FreeBSD, Linux and plenty of other kernels deny userspace requests to mmap pages at address 0 as a rudimentary hardening measure. This guarantees the kernel catches its own "NULL pointer deferences" and in turn lets it panic/oops. This changes a guaranteed privilege escalation vector into a local denial of service.
Let's see what exactly is going on here.
We will focus on amd64, but conceptually this is also true for i386 and likely several other architectures which have the address space shared between the kernel and userspace. If said space is disjoint, description below does not apply.
The address space looks roughly like this:
+---------------+ 0xffffffffffffefff
| the kernel |
|(in some areas)|
+---------------+ 0xffff800000000000
|address space |
| hole |
+---------------+ 0x800000000000
| userspace |
| |
+---------------+ 0x0
The hole covers addresses which cannot be accessed on this architecture. Outlined userspace and kernel placement is the de facto standard. Note that both are mapped in the same address space. Spaces can be split in principle, but are not due to performance reasons.

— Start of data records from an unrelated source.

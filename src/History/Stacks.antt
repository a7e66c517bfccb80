-- ===== src/History/Stacks.antt =====
-- The stacks and canvases of the history read back, and undo and redo of a known action (domain/file/storage/storage.rs).
use thaum_painter.Base.{some, List, [], ◌∷◌, map, ◌≡◌, refl, ◌∙◌}
use thaum_painter.Base.Text.{Text, codes, text_Eq}
use thaum_painter.Base.Map.{Eq, get, insert, get-insert}
use thaum_painter.Cell.{Renderer, Canvas, point_Eq}
use thaum_painter.Document.{SharedDocumentRuntime as Runtime, key_Eq}
use thaum_painter.History.{
  SharedCellPatch, inverse, AppliedCellPatches, HistoryRuntime, Stacks, stack, with_stack, push,
  pop, canvas_at, put_canvas,
}
use thaum_painter.History.Patches.{PatchDirection, apply_patches}
use thaum_painter.History.Painted.{unblank_raster_block, paint, repaint}
use thaum_painter.History.Undo.{undo_top_action, redo_top_action}

module _ {K V : Type 0} ⦃e : Eq K⦄ where
  pub get-insert_same : (k : K) (v : V) (m : List (K × V)) → get k (insert k v m) ≡ some v
  get-insert_same k v m = get-insert k k v m ∙ rw ((e.beq_iff k k).1 refl) refl

module _ {A : Type 0} where
  pub pop-push : (xs : List A) (a : A) → pop (push a xs) ≡ some (xs, a)
  unfolding pop
  pop-push [] a = refl
  pop-push (x ∷ xs) a = rw (pop-push xs a) refl

pub stack-with_stack :
    (l : Text) (f : List Text → List Text) (s : Stacks) → stack l (with_stack l f s) ≡ f (stack l s)
unfolding with_stack stack
stack-with_stack l f s = rw (stack, get-insert_same l (f (stack l s)) s) refl

pub stack-insert : (l : Text) (ids : List Text) (s : Stacks) → stack l (insert l ids s) ≡ ids
unfolding stack
stack-insert l ids s = rw (stack, get-insert_same l ids s) refl

module _ {R : Renderer} {Value : Type 0} where
  pub canvas_at-put_canvas :
      (document : Runtime R Value) (l b : Text) (c : Canvas R)
      → canvas_at (put_canvas document l b c) l b ≡ c
  unfolding put_canvas canvas_at
  canvas_at-put_canvas document l b c =
      rw (canvas_at, get-insert_same (l, codes "raster", b) c document.block_canvases) refl

  pub canvas_at-repaint :
      (document : Runtime R Value) (applied : AppliedCellPatches) (direction : PatchDirection)
      → canvas_at (repaint document applied direction) applied.layer_id applied.block_id
        ≡ apply_patches
            (canvas_at document applied.layer_id applied.block_id)
            applied.patches
            direction
  unfolding repaint
  canvas_at-repaint document applied direction =
      canvas_at-put_canvas document applied.layer_id applied.block_id (
        apply_patches (canvas_at document applied.layer_id applied.block_id) applied.patches
          direction)

  pub canvas_at-paint :
      (r : HistoryRuntime R Value) (l b : Text) (patches : List SharedCellPatch)
      → canvas_at (paint r l b patches).document l b
        ≡ apply_patches
            (canvas_at (unblank_raster_block r.document l b) l b)
            patches
            PatchDirection.after
  unfolding paint
  canvas_at-paint r l b patches =
      let d : Runtime R Value = unblank_raster_block r.document l b in
      canvas_at-put_canvas d l b (apply_patches (canvas_at d l b) patches PatchDirection.after)

  -- An undo of a known top action, and a redo.
  pub undo_known :
      (r : HistoryRuntime R Value) (l id : Text) (ids : List Text) (applied : AppliedCellPatches)
      → get l r.applied_action_ids_by_layer ≡ some (push id ids)
      → get id r.patches_by_action_id ≡ some applied
      → undo_top_action r l ≡ (
        record r {
          document = repaint r.document applied PatchDirection.before;
          applied_action_ids_by_layer = insert l ids r.applied_action_ids_by_layer;
          undone_action_ids_by_layer = with_stack l (push id) r.undone_action_ids_by_layer;
        },
        some (record {
          block_id = applied.block_id;
          patches = map inverse applied.patches;
          action_id = id;
        }),
      )
  unfolding undo_top_action
  undo_known r l id ids applied h k = rw (undo_top_action, h, pop-push ids id, k) refl

  pub redo_known :
      (r : HistoryRuntime R Value) (l id : Text) (ids : List Text) (applied : AppliedCellPatches)
      → get l r.undone_action_ids_by_layer ≡ some (push id ids)
      → get id r.patches_by_action_id ≡ some applied
      → redo_top_action r l ≡ (
        record r {
          document = repaint r.document applied PatchDirection.after;
          undone_action_ids_by_layer = insert l ids r.undone_action_ids_by_layer;
          applied_action_ids_by_layer = with_stack l (push id) r.applied_action_ids_by_layer;
        },
        some (record { block_id = applied.block_id; patches = applied.patches; action_id = id }),
      )
  unfolding redo_top_action
  redo_known r l id ids applied h k = rw (redo_top_action, h, pop-push ids id, k) refl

These addresses are virtual. Actual physical memory pages may or may not be backing them up. The size of a page varies, it can be either 4KB, 2MB or 1GB.
Let's say an address 0xc0ffee belongs to an area mmapped with read and write permissions, and backed by a physical page at this very moment. When a thread enters the kernel (to e.g. execute a system call), the in-kernel code will be able to read and write said memory without any special measures.

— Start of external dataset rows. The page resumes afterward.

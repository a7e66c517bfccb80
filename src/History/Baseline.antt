-- ===== src/History/Baseline.antt =====
-- Baseline records replayed (domain/file/storage/storage.rs, `fold_history`).
use thaum_painter.Base.{none, some, [], ◌∷◌, ◌≡◌, refl, ◌∙◌, ap, Nodup, Option-cases, inl, inr}
use thaum_painter.Base.Text.{Text}
use thaum_painter.Base.Map.{get}
use thaum_painter.Cell.{CellPoint, Renderer, PaintedCell, Canvas, point_Eq}
use thaum_painter.Cell.Stored.{StoresPayloads}
use thaum_painter.History.{patch_set, as_passive, HistoryRuntime, canvas_at}
use thaum_painter.History.Patches.{PatchDirection, apply_patches}
use thaum_painter.History.Painted.{unblank_raster_block, paint, patch_target}
use thaum_painter.History.Apply.{
  apply_action_record, apply_action, apply_patch_set, push_history_record,
}
use thaum_painter.History.Fold.{canvas_patches, baseline_record}
use thaum_painter.History.Canvases.{points_of, get-canvas_patches}
use thaum_painter.History.Stacks.{canvas_at-paint}

module _ {R : Renderer} where
  filled :
      (q : CellPoint) (canvas : Canvas R)
      → elim (get q canvas) [ none ↦ none | some cell ↦ some cell ] ≡ get q canvas
  unfolding get
  filled q canvas = elim (Option-cases (get q canvas)) [ inl e ↦ rw e refl | inr e ↦ rw e.1 refl ]

module _ {R : Renderer} {Value : Type 0} where
  -- A record of patches that is passive and reverts nothing only paints.
  baseline_record_lem :
      (r : HistoryRuntime R Value) (document_id l p b : Text) (cell : CellPoint × PaintedCell R)
      (cells : Canvas R)
      → apply_action_record r (baseline_record document_id (l, p, b) (cell ∷ cells))
        ≡ push_history_record
            (paint r l b (canvas_patches (cell ∷ cells)))
            (baseline_record document_id (l, p, b) (cell ∷ cells))
  unfolding apply_action_record apply_action apply_patch_set patch_target baseline_record patch_set
      as_passive canvas_patches
  baseline_record_lem r document_id l p b cell cells = refl

  -- The baseline record of a canvas whose points are all different gives every cell of that canvas to
  -- a bar whose canvas is empty once it is made content, and leaves both stacks as they were.
  pub apply_action_record-baseline_record :
      (laws : StoresPayloads R) (r : HistoryRuntime R Value) (document_id l p b : Text)
      (cell : CellPoint × PaintedCell R) (cells : Canvas R) (q : CellPoint)
      → Nodup (points_of (cell ∷ cells))
      → canvas_at (unblank_raster_block r.document l b) l b ≡ []
      → let after = apply_action_record r (baseline_record document_id (l, p, b) (cell ∷ cells)) in
        (get q (canvas_at after.document l b) ≡ get q (cell ∷ cells))
        × (after.applied_action_ids_by_layer ≡ r.applied_action_ids_by_layer)
        × (after.undone_action_ids_by_layer ≡ r.undone_action_ids_by_layer)
  unfolding push_history_record paint get
  apply_action_record-baseline_record laws r document_id l p b cell cells q distinct empty =
      let canvas : Canvas R = cell ∷ cells in
      let same : get q (apply_patches [] (canvas_patches canvas) PatchDirection.after)
          ≡ get q canvas =
        get-canvas_patches laws q canvas [] distinct ∙ filled q canvas in
      rw (baseline_record_lem r document_id l p b cell cells)
        (ap (get q) (canvas_at-paint r l b (canvas_patches canvas)) ∙ rw empty same, refl, refl)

Userspace can request arbitrary addresses with calls to mmap(2). Normally the kernel will provide whatever address it wants, but this can be changed by passing MAP_FIXED flag. As such, userspace can request to map a page at address 0.
Without pedantry void *p = NULL; will mean that consists of zeroes.
To sum this up:
p = mmap(NULL, 4096, PROT_WRITE|PROT_READ, MAP_PRIVATE|MAP_ANONYMOUS|MAP_FIXED, -1, 0);
p->val = 8;
Provided the kernel grants the request, this will effectively dereference a NULL pointer.
But most importantly, should the kernel try to access such an address itself, it will now succeed. Why would it do that? Of course due to a bug. NULL is often the default value of pointers in various structures, so e.g. code which forgets to NULL check a field which can legitimately be NULL would be susceptible. There are plenty of real-world bugs which manifest themselves like this.
How to use this to escalate privileges? Depends on the bug, let's take the most blatant issue: a pointer to a function is NULL, but the code calls it. Userspace could mmap the page (with execute permissions) at 0 and fill it with whatever code it wants. When the bug is encountered, the kernel unknowingly starts executing the code planted by userspace.
Here is an example: CVE-2009-2692.txt Linux NULL pointer dereference due to incorrect proto_ops initializations.
While mappings at 0 are denied, there are other less frequent bugs which can result in the kernel unknowingly accessing userspace memory. A general solution with dedicated CPU support consists of SMAP (Supervisor Mode Access Prevention) and SMEP (Supervisor Mode Execution Prevention), but note these technologies are relatively new (read: your machines likely don' have them). Finally, a software-based implementation was provided with grsec.